1. The general idea of allowing LLM agents to communicate in a latent space instead of the constrained natural language space is novel and intuitive.
2. The proposed method outperforms the baseline and ablated conditions in the evaluation benchmark.
1. The framework of training agents to communicate in a high-dimensional space to solve the sender-receiver task has been extensively researched in the emergent communication and multi-agent reinforcement learning (MARL) community. I would recommend the authors include a thorough literature review and position this work among previous work, highlighting its contributions beyond simply replacing the policy model with a transformer-based LLM. Attached are a few representative papers to start with:
a. Multi-agent cooperation and the emergence of (natural) language
b. Emergence of linguistic communication from referential games with symbolic and pixel input
c. Emergent discrete communication in semantic spaces
d. Trading off Utility, Informativeness, and Complexity in Emergent Communication
2. The methods section is hard to follow. I would recommend providing a more specific description of the proposed framework for readers with a more general background.

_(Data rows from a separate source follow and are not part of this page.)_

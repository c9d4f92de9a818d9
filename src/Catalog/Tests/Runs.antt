-- ===== src/Catalog/Tests/Runs.antt =====
-- Runs of the evaluation on a small catalog, and the theorems about them.
use mujeeb24_backend_go.Common.{
  ℕ, ◌<◌, String, ◌==◌, ap, Bool, Result, eqb, ◌||◌, ◌≡◌, refl, true, false, [], ◌∷◌, ok, err,
  length, ltb, arith, if◌then◌else◌,
}
use mujeeb24_backend_go.Common.Int.{pos}
use mujeeb24_backend_go.Catalog.Session.{
  CatalogPage, out_of_fuel, Controller, no_token_progress, catalog_changed_during_final,
}
use mujeeb24_backend_go.Catalog.Samples.{stock, shirt, sizes}
use mujeeb24_backend_go.Catalog.Tests.{three_items, demo, question, batch_of, candidate}
use mujeeb24_backend_go.Catalog.Batches.{run_batch}
use mujeeb24_backend_go.Catalog.Batches.Life.{Life, run_batch-Life}
use mujeeb24_backend_go.Catalog.Pages.{
  run_paged_catalog_evaluation, run_catalog_evaluation, evaluation_code,
}
use mujeeb24_backend_go.Catalog.Pages.Fresh.{RunResult, run_paged_catalog_evaluation_lem}
use mujeeb24_backend_go.Catalog.Pages.Ends.{Ends, CursorsAdvance, run_paged_catalog_evaluation-Ends}

-- An evaluator that selects the shirt in the first batch, and whose final request shrinks while calls are made.
abbrev shopper : Controller Unit Unit Unit Unit
shopper = record demo {
  evaluated = λ b h. ok (record {
    batch_number = b.batch_number;
    candidates =
        if eqb b.batch_number 1 || b.reduction
        then candidate "shirt" [] ("shirt_any" ∷ []) ∷ []
        else [];
    usage = tt;
  });
  records_usage = true;
  final_tokens = λ f p h. ok (pos (if ltb (length h) 16 then 9000 else 100));
}

selects_shirt :
    (run_catalog_evaluation shopper question true 2 []).0
    ≡ ok (tt, record stock { items = shirt ∷ [] })
unfolding evaluation_code
selects_shirt = refl

abbrev shrinking : Controller Unit Unit Unit Unit
shrinking = record shopper { final_tokens = λ f p h. ok (pos 9000) }

makes_no_progress :
    (run_catalog_evaluation shrinking question true 2 []).0
    ≡ err (no_token_progress (pos 9000) (pos 9000))
unfolding evaluation_code
makes_no_progress = refl

-- The revision changes while the final model answers.
abbrev changing : Controller Unit Unit Unit Unit
changing = record shopper { revision = λ b h. ok (if ltb (length h) 17 then "r1" else "r2") }

refuses_stale :
    (run_catalog_evaluation changing question true 2 []).0 ≡ err catalog_changed_during_final
unfolding evaluation_code
refuses_stale = refl

run_batch-Life_example :
    Life shopper question true
      (batch_of 1 (sizes ∷ []) (shirt ∷ []))
      []
      (run_batch shopper question true (batch_of 1 (sizes ∷ []) (shirt ∷ [])) [])
run_batch-Life_example =
    run_batch-Life shopper question true (batch_of 1 (sizes ∷ []) (shirt ∷ [])) []

run_paged_catalog_evaluation_example :
    RunResult shopper question [] (run_paged_catalog_evaluation shopper question 2 [])
run_paged_catalog_evaluation_example = run_paged_catalog_evaluation_lem shopper question 2 []

-- A catalog of two pages.
abbrev first_page : CatalogPage
first_page = record { projection = stock; next_cursor = "second"; has_more = true }

abbrev second_page : CatalogPage
second_page = record { projection = three_items; next_cursor = ""; has_more = false }

abbrev paged : Controller Unit Unit Unit Unit
paged = record shopper {
  page = λ r h. ok (if r.cursor == "" then first_page else second_page);
  final_tokens = λ f p h. ok (pos 100);
}

reads_two_pages :
    (run_catalog_evaluation paged question true 3 []).0
    ≡ ok (tt, record stock { items = shirt ∷ [] })
unfolding evaluation_code
reads_two_pages = refl

-- With fuel for one page only, the run stops.
lacks_fuel : (run_paged_catalog_evaluation paged question 1 []).0 ≡ err out_of_fuel
unfolding evaluation_code
lacks_fuel = refl

abbrev pages_left : String → ℕ
pages_left cursor = if cursor == "" then 1 else 0

paged-CursorsAdvance : CursorsAdvance paged question pages_left
paged-CursorsAdvance cursor h page e more = by_cursor (cursor == "") (answered e)
  where
    answered : {p q : CatalogPage} → ◌≡◌ {A = Result String CatalogPage} (ok p) (ok q) → q ≡ p
    answered e' = cc

    by_cursor :
        (b : Bool)
        → page ≡ (if b then first_page else second_page)
        → pages_left page.next_cursor < (if b then 1 else 0)
    by_cursor true p = rw (ap (λ q. q.next_cursor) p) (omega arith)
    by_cursor false p = absurd (cc (p, more))

run_paged_catalog_evaluation-Ends_example :
    Ends paged question pages_left (run_paged_catalog_evaluation paged question 2 [])
run_paged_catalog_evaluation-Ends_example =
    run_paged_catalog_evaluation-Ends paged question pages_left paged-CursorsAdvance 2 []
      (omega arith)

a. The description of the training framework could be more specific for better reproducibility. For example, how is the permutation done in conditional mind separation? What is the language space plan in plan-aligned regulation? How does stochastic replacement happen in curriculum learning?
b. The motivation and description of information compression are too brief to be comprehensible. It is not clear how the compression is done in Section 3.3 of the main text. Even after reading Appendix B, the use of a fixed instruction-tuned model and the distillation process lacks a clear rationale. I would recommend moving the description of compression to the main text and emphasizing the motivation for this module.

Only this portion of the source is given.